Partnerships ~ Reproduced under the consent of AI Juniors
By Sunny Saito
"The protein challenge", which first emerged in the 1960s, is a 50-year-old unsolved problem about how proteins' amino acid sequence determines their three-dimensional atomic structure. This problem, first proposed in 1972 by Christian Anfinsen – an American biochemist – in his Nobel Prize speech, arises from the idea that a protein’s structure can be fully described by its amino acid sequence. This problem has long puzzled scientists. Early attempts to use computers to predict protein structures in the 1980s and 1990s failed poorly and methods in published papers often disintegrated when applied to different proteins. Later advancements did lead to the acquisition of the three-dimensional structure of a protein through X-ray crystallography. However, this came with its own downsides, including inefficiency and high costs; the process would take a whole year and cost $120,000 just for a single protein.
When all seemed lost, DeepMind, a London-based startup, shed light on this 50-year old protein challenge in November of 2020. They created an artificial intelligence system called AlphaFold, which turned out to have great potential in solving the long-unsolved Protein Problem.
AlphaFold is a deep learning system based on the idea that folded proteins can be represented as spatial graphs and its residues as nodes. This idea of transforming protein structures into graphs leads to two crucial steps in solving the protein problem: predictive modeling and optimization.
The first step, predictive modeling, uses deep learning, specifically deep convolutional neural networks (CNN), to input protein sequences and converting them into matrices. These protein sequences consist of over 170,000 protein structures from the Protein Data Base and other protein sequences of unknown structure. As they are entered into the model, AlphaFold is trained with an immense quantity of data and further refined with multiple sequence alignment (MSA) and evolutionarily related sequences. After repetitions of inputting, training, and refining, two significant matrices are derived: the distance distribution matrix and torsion angle matrix. This then leads to the second step: optimization. Using an iterative gradient descent method, the process of optimization translates the two matrices into a 3D structure. To do so, the algorithm first begins with a smooth 3D structure model, then it continually updates the model until the distogram (matrix of distances between different parts of a protein) of the predicted structure almost equals the output. Through these crucial two steps, AlphaFold obtained the ability to develop reliable predictions of proteins' physical structures within just a few days. Not only this, but the AlphaFold algorithm is also able to analyze, how reliable its predictions are for each part of the protein structure with great accuracy.

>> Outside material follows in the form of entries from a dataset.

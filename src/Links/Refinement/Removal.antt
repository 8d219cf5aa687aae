-- ===== src/Links/Refinement/Removal.antt =====
-- Removal from, and the size of, the linked lists of original/list.c.
use enet_rs.Prelude.{ℕ, suc, ◌+◌, ◌≡◌, ◌≢◌, sym, ◌∙◌, ap, subst, List, [], ◌∷◌, ◌++◌, length, arith}
use enet_rs.Links.{Links, set_next, set_previous, list_remove, size_from, list_size}
use enet_rs.Links.Refinement.{
  Linked, Chain, adjacent, through, Absent, absent_from, Distinct, distinct, Chain-frame, first,
  before_differs, Represents, Distinct-end,
}

remove_next : (x : ℕ) (l : Links) (n : ℕ) → n ≢ l.previous x → (list_remove x l).next n ≡ l.next n
unfolding list_remove set_next set_previous
remove_next x l n h = ground arith

remove_previous :
    (x : ℕ) (l : Links) (n : ℕ)
    → x ≢ l.previous x
    → n ≢ l.next x
    → (list_remove x l).previous n ≡ l.previous n
unfolding list_remove set_next set_previous
remove_previous x l n g h = ground arith

remove_joins :
    (x : ℕ) (l : Links) → x ≢ l.previous x → Linked (list_remove x l) (l.previous x) (l.next x)
unfolding list_remove set_next set_previous
remove_joins x l g = record { forward = ground arith; back = ground arith }

-- The node behind a node of a chain.
next_of :
    (l : Links) (x : ℕ) (zs : List ℕ) (b : ℕ) (ys : List ℕ) (a : ℕ)
    → Chain l a (ys ++ x ∷ zs) b
    → l.next x ≡ first zs b
next_of l x [] b [] a (through _ _ _ _ _ (adjacent _ _ y)) = y.forward
next_of l x (z ∷ zs) b [] a (through _ _ _ _ _ (through _ _ _ _ y _)) = y.forward
next_of l x zs b (y ∷ ys) a (through _ _ _ _ _ c) = next_of l x zs b ys y c

behind_differs :
    (n x : ℕ) (zs : List ℕ) (b : ℕ) (ys : List ℕ)
    → Absent n ((ys ++ x ∷ zs) ++ (b ∷ []))
    → n ≢ first zs b
behind_differs n x [] b [] (absent_from _ _ _ (absent_from _ _ h _)) = h
behind_differs n x (z ∷ zs) b [] (absent_from _ _ _ (absent_from _ _ h _)) = h
behind_differs n x zs b (y ∷ ys) (absent_from _ _ _ h) = behind_differs n x zs b ys h

-- A node of a chain is not the one before it.
not_before :
    (l : Links) (x : ℕ) (zs : List ℕ) (b : ℕ) (ys : List ℕ) (a : ℕ)
    → Chain l a (ys ++ x ∷ zs) b
    → Distinct (a ∷ ys ++ x ∷ zs)
    → x ≢ l.previous x
not_before l x zs b [] a (through _ _ _ _ y _) (distinct _ _ (absent_from _ _ h _) _) =
    λ e. h (sym (e ∙ y.back))
not_before l x zs b (y ∷ ys) a (through _ _ _ _ _ c) (distinct _ _ _ d) =
    not_before l x zs b ys y c d

Chain-remove :
    (l : Links) (x : ℕ) (zs : List ℕ) (b : ℕ) (ys : List ℕ) (a : ℕ)
    → x ≢ l.previous x
    → Chain l a (ys ++ x ∷ zs) b
    → Distinct (a ∷ ys ++ x ∷ zs)
    → Distinct ((ys ++ x ∷ zs) ++ (b ∷ []))
    → Chain (list_remove x l) a (ys ++ zs) b
Chain-remove l x [] b [] a o (through _ _ _ _ y (adjacent _ _ z)) s t = adjacent a b (
    subst (λ u. Linked (list_remove x l) u b) y.back
      (subst (Linked (list_remove x l) (l.previous x)) z.forward (remove_joins x l o)))
Chain-remove l x (w ∷ ws) b [] a o (through _ _ _ _ y (through _ _ _ _ z c))
      (distinct _ _ (absent_from _ _ _ s) (distinct _ _ xs _))
      (distinct _ _ (absent_from _ _ _ xt) (distinct _ _ t _)) =
    let k = list_remove x l in
    through a w ws b
      (subst (λ u. Linked k u w) y.back
        (subst (Linked k (l.previous x)) z.forward (remove_joins x l o)))
      (Chain-frame l k w ws b (l.next x) (l.previous x) x (λ n h g. remove_next x l n h)
        (λ n h g. remove_previous x l n o h) (subst (λ u. Absent u (w ∷ ws)) (sym y.back) s) xs
        (subst (λ u. Absent u (ws ++ (b ∷ []))) (sym z.forward) t) xt c)
Chain-remove l x zs b (y ∷ ys) a o (through _ _ _ _ z c) (distinct _ _ s ss) (distinct _ _ t ts) =
    through a y (ys ++ zs) b
      (record {
        forward = remove_next x l a (before_differs l a (x ∷ zs) b ys y c s) ∙ z.forward;
        back =
            remove_previous x l y o
              (λ e. behind_differs y x zs b ys t (e ∙ next_of l x zs b ys y c))
            ∙ z.back;
      })
      (Chain-remove l x zs b ys y o c ss ts)

Absent-without : (n x : ℕ) (ys zs : List ℕ) → Absent n (ys ++ x ∷ zs) → Absent n (ys ++ zs)
Absent-without n x [] zs (absent_from _ _ _ a) = a
Absent-without n x (y ∷ ys) zs (absent_from _ _ h a) =
    absent_from y (ys ++ zs) h (Absent-without n x ys zs a)

Distinct-without : (x : ℕ) (ys zs : List ℕ) → Distinct (ys ++ x ∷ zs) → Distinct (ys ++ zs)
Distinct-without x [] zs (distinct _ _ _ d) = d
Distinct-without x (y ∷ ys) zs (distinct _ _ a d) =
    distinct y (ys ++ zs) (Absent-without y x ys zs a) (Distinct-without x ys zs d)

-- Removing a node of a list takes it out of the sequence: if the memory holds ys, a node and zs, then
-- after `enet_list_remove` of the node it holds ys followed by zs.
pub list_remove-Represents :
    (l : Links) (s x : ℕ) (ys zs : List ℕ)
    → Represents l s (ys ++ x ∷ zs)
    → Represents (list_remove x l) s (ys ++ zs)
list_remove-Represents l s x ys zs r = removed r.apart r.chain
  where
    removed :
        Distinct (s ∷ ys ++ x ∷ zs)
        → Chain l s (ys ++ x ∷ zs) s
        → Represents (list_remove x l) s (ys ++ zs)
    removed (distinct _ _ g t) c = record {
      chain =
          Chain-remove l x zs s ys s (not_before l x zs s ys s c (distinct s (ys ++ x ∷ zs) g t)) c
            (distinct s (ys ++ x ∷ zs) g t) (Distinct-end s (ys ++ x ∷ zs) g t);
      apart = distinct s (ys ++ zs) (Absent-without s x ys zs g) (Distinct-without x ys zs t);
    }

-- The fuel for a list, and more.
abbrev fuel_for : List ℕ → ℕ → ℕ
fuel_for [] more = suc more
fuel_for (x ∷ xs) more = suc (fuel_for xs more)

fuel_for-length : (xs : List ℕ) (more : ℕ) → fuel_for xs more ≡ length xs + 1 + more
fuel_for-length [] more = omega arith
fuel_for-length (x ∷ xs) more = omega (arith, fuel_for-length xs more)

size_from-end :
    (more s position : ℕ) (l : Links) (size : ℕ)
    → position ≡ s
    → size_from (suc more) s position l size ≡ size
unfolding size_from
size_from-end more s position l size e = ground arith

size_from-step :
    (more s position : ℕ) (l : Links) (size : ℕ)
    → position ≢ s
    → size_from (suc more) s position l size ≡ size_from more s (l.next position) l (size + 1)
unfolding size_from
size_from-step more s position l size h = ground arith

size_from-length :
    (l : Links) (s : ℕ) (xs : List ℕ) (a more size : ℕ)
    → Chain l a xs s
    → Absent s xs
    → size_from (fuel_for xs more) s (l.next a) l size ≡ size + length xs
size_from-length l s [] a more size (adjacent _ _ y) h =
    size_from-end more s (l.next a) l size y.forward ∙ omega arith
size_from-length l s (x ∷ xs) a more size (through _ _ _ _ y c) (absent_from _ _ h hs) =
    size_from-step (fuel_for xs more) s (l.next a) l size (λ e. h (sym (sym y.forward ∙ e)))
    ∙ ap (λ n. size_from (fuel_for xs more) s (l.next n) l (size + 1)) y.forward
    ∙ size_from-length l s xs x more (size + 1) c hs
    ∙ omega arith

-- If the memory holds a sequence, `enet_list_size` counts its nodes: with a step for each of them and
-- one for the end, or any more, the result is the length of the sequence.
pub list_size-length :
    (l : Links) (s : ℕ) (xs : List ℕ) (more : ℕ)
    → Represents l s xs
    → list_size (length xs + 1 + more) s l ≡ length xs
unfolding list_size
list_size-length l s xs more r = counted r.apart
  where
    counted : Distinct (s ∷ xs) → size_from (length xs + 1 + more) s (l.next s) l 0 ≡ length xs
    counted (distinct _ _ g _) =
        ap (λ n. size_from n s (l.next s) l 0) (sym (fuel_for-length xs more))
        ∙ size_from-length l s xs s more 0 r.chain g
        ∙ omega arith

AlphaFold's protein prediction system does not merely provide a solution to the Protein Challenge but also has the potential for numerous significant real-world advancements and impacts. For instance, the current COVID-19 Pandemic. Earlier this year, Deepmind, using AlphaFold, predicted several protein structures of the COVID-19 virus. These predictions were examined by experimentalists, to which they commented that the predictions had achieved a "high degree of accuracy". This sheds light on further understanding the structure of the virus and advancing future pandemic response efforts.
This groundbreaking development by Deepmind effectively demonstrates the impact AI can have on scientific discovery and how it can accelerate progress in some of the most fundamental fields that shape our world. As professor Venki Ramakrishnan, a Nobel laureate and president of the royal society, stated: "This computational work represents a stunning advance on the protein-folding problem, a 50-year-old grand challenge in biology. It has occurred decades before many people in the field would have predicted. It will be exciting to see the many ways in which it will fundamentally change biological research."